[Supplied entries Boundary: Start]

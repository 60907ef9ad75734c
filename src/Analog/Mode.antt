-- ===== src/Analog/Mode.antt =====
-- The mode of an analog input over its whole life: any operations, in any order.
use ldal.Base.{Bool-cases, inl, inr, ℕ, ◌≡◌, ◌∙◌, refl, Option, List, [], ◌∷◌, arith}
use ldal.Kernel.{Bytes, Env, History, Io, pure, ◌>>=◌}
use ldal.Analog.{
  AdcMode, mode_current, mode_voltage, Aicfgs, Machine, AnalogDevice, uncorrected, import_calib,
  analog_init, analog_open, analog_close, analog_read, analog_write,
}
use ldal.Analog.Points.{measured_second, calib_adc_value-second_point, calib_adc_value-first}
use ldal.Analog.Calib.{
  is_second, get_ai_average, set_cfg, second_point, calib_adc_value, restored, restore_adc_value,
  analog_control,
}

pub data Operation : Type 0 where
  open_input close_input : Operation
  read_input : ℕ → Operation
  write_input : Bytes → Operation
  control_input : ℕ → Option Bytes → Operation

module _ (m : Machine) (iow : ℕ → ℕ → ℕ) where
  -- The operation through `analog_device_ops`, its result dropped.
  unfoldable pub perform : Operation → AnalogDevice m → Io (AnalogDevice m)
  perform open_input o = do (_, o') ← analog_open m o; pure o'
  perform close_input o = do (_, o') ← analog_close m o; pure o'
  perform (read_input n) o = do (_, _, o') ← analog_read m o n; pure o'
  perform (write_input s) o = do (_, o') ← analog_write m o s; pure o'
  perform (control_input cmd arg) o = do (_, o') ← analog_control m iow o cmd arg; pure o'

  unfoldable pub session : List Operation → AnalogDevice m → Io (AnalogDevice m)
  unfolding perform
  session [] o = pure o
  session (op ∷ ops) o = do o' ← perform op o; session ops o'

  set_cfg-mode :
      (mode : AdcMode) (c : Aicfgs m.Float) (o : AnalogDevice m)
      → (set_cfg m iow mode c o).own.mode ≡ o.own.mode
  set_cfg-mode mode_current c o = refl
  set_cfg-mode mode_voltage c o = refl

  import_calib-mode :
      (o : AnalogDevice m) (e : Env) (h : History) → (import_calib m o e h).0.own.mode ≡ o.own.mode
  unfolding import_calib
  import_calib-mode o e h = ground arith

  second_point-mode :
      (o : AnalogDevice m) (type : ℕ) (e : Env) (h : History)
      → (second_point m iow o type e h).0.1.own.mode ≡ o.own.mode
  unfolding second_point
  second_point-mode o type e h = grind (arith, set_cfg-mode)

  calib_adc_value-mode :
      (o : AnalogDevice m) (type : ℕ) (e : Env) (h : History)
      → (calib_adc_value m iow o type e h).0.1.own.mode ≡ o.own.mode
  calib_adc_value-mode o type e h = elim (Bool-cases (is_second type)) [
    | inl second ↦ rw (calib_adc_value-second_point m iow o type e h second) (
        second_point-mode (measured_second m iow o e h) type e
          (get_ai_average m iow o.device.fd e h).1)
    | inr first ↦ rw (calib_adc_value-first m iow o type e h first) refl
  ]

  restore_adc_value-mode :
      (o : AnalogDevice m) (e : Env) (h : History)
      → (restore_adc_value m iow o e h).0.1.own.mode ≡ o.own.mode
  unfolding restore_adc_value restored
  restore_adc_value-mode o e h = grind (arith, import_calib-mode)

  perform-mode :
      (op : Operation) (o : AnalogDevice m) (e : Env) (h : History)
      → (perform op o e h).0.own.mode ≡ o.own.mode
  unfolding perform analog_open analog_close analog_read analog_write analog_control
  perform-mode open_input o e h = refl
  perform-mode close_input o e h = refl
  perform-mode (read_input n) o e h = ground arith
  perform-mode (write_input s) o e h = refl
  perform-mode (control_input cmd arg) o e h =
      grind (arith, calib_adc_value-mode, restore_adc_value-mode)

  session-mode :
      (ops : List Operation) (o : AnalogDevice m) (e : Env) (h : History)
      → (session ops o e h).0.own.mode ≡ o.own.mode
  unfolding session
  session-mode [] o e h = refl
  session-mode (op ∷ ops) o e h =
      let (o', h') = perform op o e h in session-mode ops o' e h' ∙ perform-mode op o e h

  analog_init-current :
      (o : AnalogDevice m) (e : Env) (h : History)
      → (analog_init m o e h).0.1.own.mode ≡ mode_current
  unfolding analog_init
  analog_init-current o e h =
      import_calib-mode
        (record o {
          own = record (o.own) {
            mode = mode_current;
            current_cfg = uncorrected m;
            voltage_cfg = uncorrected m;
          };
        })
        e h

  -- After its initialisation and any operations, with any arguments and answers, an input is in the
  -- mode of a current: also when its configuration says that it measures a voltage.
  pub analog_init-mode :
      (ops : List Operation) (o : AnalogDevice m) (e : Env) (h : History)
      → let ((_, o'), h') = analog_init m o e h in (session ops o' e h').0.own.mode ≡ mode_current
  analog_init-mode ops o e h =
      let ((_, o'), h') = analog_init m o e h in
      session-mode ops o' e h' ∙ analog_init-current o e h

[Supplied entries Boundary: End]

▸ **Assigned task**
The answer must consist of every line from the entries above that contains "cases".

▸ **Response to the task**
use ldal.Base.{Bool-cases, inl, inr, ℕ, ◌≡◌, ◌∙◌, refl, Option, List, [], ◌∷◌, arith}
  calib_adc_value-mode o type e h = elim (Bool-cases (is_second type)) [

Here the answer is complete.